<<<<

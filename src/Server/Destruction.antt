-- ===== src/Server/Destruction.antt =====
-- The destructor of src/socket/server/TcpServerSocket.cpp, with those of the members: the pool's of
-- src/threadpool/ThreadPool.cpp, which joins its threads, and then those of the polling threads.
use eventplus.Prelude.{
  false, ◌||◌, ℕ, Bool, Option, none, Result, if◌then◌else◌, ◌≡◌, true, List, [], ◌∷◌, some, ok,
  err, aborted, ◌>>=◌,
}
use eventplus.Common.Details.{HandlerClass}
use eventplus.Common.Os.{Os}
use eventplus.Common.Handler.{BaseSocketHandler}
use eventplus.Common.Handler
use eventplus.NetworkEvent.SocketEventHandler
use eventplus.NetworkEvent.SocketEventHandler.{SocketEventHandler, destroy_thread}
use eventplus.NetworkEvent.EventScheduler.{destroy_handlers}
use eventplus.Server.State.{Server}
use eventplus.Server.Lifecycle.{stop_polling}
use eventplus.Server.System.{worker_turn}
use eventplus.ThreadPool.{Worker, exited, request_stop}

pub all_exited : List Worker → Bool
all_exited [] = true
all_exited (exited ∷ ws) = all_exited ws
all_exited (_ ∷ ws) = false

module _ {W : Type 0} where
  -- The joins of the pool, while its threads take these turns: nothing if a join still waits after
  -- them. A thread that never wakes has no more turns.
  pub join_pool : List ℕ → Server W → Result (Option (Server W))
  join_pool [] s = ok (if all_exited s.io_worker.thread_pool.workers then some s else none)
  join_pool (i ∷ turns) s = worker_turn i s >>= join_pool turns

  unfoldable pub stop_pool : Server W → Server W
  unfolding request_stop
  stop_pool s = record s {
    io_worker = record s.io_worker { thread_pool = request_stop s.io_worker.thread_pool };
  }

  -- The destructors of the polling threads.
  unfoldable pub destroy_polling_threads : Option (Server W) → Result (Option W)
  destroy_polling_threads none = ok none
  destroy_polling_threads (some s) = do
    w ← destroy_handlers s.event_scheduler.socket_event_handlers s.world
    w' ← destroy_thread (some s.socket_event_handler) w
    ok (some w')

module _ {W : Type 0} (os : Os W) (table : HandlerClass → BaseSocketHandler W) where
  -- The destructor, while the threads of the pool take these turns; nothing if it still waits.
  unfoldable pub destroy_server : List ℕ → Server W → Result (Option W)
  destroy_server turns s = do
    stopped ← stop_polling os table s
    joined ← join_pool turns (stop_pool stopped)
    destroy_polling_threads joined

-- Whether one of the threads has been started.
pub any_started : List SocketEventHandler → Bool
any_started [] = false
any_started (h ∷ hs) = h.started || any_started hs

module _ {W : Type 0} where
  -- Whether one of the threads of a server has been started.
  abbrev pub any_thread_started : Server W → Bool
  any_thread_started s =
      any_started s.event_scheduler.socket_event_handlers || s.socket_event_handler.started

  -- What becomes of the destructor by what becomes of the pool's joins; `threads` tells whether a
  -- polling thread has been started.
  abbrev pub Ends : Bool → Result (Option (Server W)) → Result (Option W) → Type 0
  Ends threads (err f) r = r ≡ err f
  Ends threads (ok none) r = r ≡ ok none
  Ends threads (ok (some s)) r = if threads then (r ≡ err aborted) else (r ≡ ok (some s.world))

>>>>
<<<<

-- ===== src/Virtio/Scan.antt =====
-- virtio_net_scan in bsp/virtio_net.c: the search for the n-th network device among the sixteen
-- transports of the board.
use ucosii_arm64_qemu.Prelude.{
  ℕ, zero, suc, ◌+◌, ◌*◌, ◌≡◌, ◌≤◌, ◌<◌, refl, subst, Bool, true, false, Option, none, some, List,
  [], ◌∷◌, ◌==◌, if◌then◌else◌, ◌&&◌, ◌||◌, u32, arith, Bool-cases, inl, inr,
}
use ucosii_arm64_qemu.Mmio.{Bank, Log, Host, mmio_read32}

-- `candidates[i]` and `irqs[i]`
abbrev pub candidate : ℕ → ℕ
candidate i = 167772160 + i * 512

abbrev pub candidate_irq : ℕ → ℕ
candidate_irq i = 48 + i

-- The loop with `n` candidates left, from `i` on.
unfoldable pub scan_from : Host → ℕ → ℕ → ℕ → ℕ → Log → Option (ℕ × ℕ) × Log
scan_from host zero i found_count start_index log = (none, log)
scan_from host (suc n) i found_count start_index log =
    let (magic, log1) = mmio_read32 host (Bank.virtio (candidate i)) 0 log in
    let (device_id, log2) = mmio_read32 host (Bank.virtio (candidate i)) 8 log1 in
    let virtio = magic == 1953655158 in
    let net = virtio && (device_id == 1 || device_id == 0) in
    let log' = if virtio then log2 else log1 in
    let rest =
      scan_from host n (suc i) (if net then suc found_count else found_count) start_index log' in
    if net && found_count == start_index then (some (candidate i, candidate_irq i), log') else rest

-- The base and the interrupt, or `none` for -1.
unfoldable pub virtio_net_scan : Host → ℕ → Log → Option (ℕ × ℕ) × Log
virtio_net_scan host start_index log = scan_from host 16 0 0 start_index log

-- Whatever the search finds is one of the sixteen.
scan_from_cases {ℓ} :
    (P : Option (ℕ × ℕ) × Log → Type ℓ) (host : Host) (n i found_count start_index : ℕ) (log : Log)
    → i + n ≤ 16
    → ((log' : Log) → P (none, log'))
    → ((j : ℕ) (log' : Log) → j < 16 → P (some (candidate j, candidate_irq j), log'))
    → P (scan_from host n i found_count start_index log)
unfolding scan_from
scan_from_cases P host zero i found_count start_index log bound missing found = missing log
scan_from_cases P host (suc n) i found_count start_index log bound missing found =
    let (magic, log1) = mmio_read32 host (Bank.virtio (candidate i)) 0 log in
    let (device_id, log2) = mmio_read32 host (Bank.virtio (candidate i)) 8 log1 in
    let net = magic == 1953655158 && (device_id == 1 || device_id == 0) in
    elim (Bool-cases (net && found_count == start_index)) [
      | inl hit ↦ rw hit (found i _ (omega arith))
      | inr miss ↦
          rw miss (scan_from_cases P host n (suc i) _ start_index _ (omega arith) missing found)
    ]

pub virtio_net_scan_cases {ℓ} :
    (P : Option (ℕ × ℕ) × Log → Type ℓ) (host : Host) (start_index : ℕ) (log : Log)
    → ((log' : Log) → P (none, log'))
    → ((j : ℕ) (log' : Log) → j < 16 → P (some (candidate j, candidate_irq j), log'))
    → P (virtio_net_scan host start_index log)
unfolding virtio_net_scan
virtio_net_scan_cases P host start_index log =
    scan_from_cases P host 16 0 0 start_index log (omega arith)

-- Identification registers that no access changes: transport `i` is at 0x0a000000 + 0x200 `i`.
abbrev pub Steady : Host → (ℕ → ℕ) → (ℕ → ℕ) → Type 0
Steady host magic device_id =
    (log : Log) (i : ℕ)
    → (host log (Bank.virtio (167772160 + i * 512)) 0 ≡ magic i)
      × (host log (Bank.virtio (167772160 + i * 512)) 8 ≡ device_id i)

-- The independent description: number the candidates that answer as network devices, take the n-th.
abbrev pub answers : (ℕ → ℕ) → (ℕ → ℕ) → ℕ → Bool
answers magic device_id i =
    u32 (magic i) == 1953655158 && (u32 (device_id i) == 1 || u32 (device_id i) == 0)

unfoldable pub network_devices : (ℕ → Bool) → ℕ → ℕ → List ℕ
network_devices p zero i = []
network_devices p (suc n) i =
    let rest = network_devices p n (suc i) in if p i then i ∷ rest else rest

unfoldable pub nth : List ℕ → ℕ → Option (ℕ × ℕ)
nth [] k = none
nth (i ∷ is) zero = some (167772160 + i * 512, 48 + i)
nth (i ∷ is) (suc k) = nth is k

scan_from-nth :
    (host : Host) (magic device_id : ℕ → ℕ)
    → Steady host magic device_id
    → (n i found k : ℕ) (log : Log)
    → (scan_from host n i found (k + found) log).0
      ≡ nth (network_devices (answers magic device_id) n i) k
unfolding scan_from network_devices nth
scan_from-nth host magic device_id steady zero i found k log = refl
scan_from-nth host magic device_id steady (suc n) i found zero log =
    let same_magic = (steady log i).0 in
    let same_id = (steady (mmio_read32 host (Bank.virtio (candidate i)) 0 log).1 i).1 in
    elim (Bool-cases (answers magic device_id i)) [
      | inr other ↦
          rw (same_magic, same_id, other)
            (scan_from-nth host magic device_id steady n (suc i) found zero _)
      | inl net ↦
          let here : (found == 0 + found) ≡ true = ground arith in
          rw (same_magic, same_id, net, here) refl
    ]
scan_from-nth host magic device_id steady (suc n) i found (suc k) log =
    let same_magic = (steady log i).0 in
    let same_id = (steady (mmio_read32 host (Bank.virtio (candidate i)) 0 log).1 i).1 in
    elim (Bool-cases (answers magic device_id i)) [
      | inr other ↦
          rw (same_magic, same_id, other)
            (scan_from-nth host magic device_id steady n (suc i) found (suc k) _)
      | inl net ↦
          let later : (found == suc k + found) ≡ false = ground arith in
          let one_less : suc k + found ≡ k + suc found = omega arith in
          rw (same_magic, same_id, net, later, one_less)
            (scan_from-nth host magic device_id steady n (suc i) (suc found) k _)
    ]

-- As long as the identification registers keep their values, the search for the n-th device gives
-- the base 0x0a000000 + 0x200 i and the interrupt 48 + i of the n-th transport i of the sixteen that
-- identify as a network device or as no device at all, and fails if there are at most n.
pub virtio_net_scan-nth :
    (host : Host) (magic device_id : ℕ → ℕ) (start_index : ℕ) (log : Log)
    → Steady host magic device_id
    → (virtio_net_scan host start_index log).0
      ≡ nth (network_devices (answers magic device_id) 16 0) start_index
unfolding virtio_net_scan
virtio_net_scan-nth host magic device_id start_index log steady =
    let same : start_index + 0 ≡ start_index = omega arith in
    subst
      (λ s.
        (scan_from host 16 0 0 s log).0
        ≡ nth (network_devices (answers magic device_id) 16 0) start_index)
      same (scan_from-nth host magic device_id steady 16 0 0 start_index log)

>>>>

Exercise instructions: In the entries above, how many lines include the word "Ends"? Give only that number.

The completed task: 4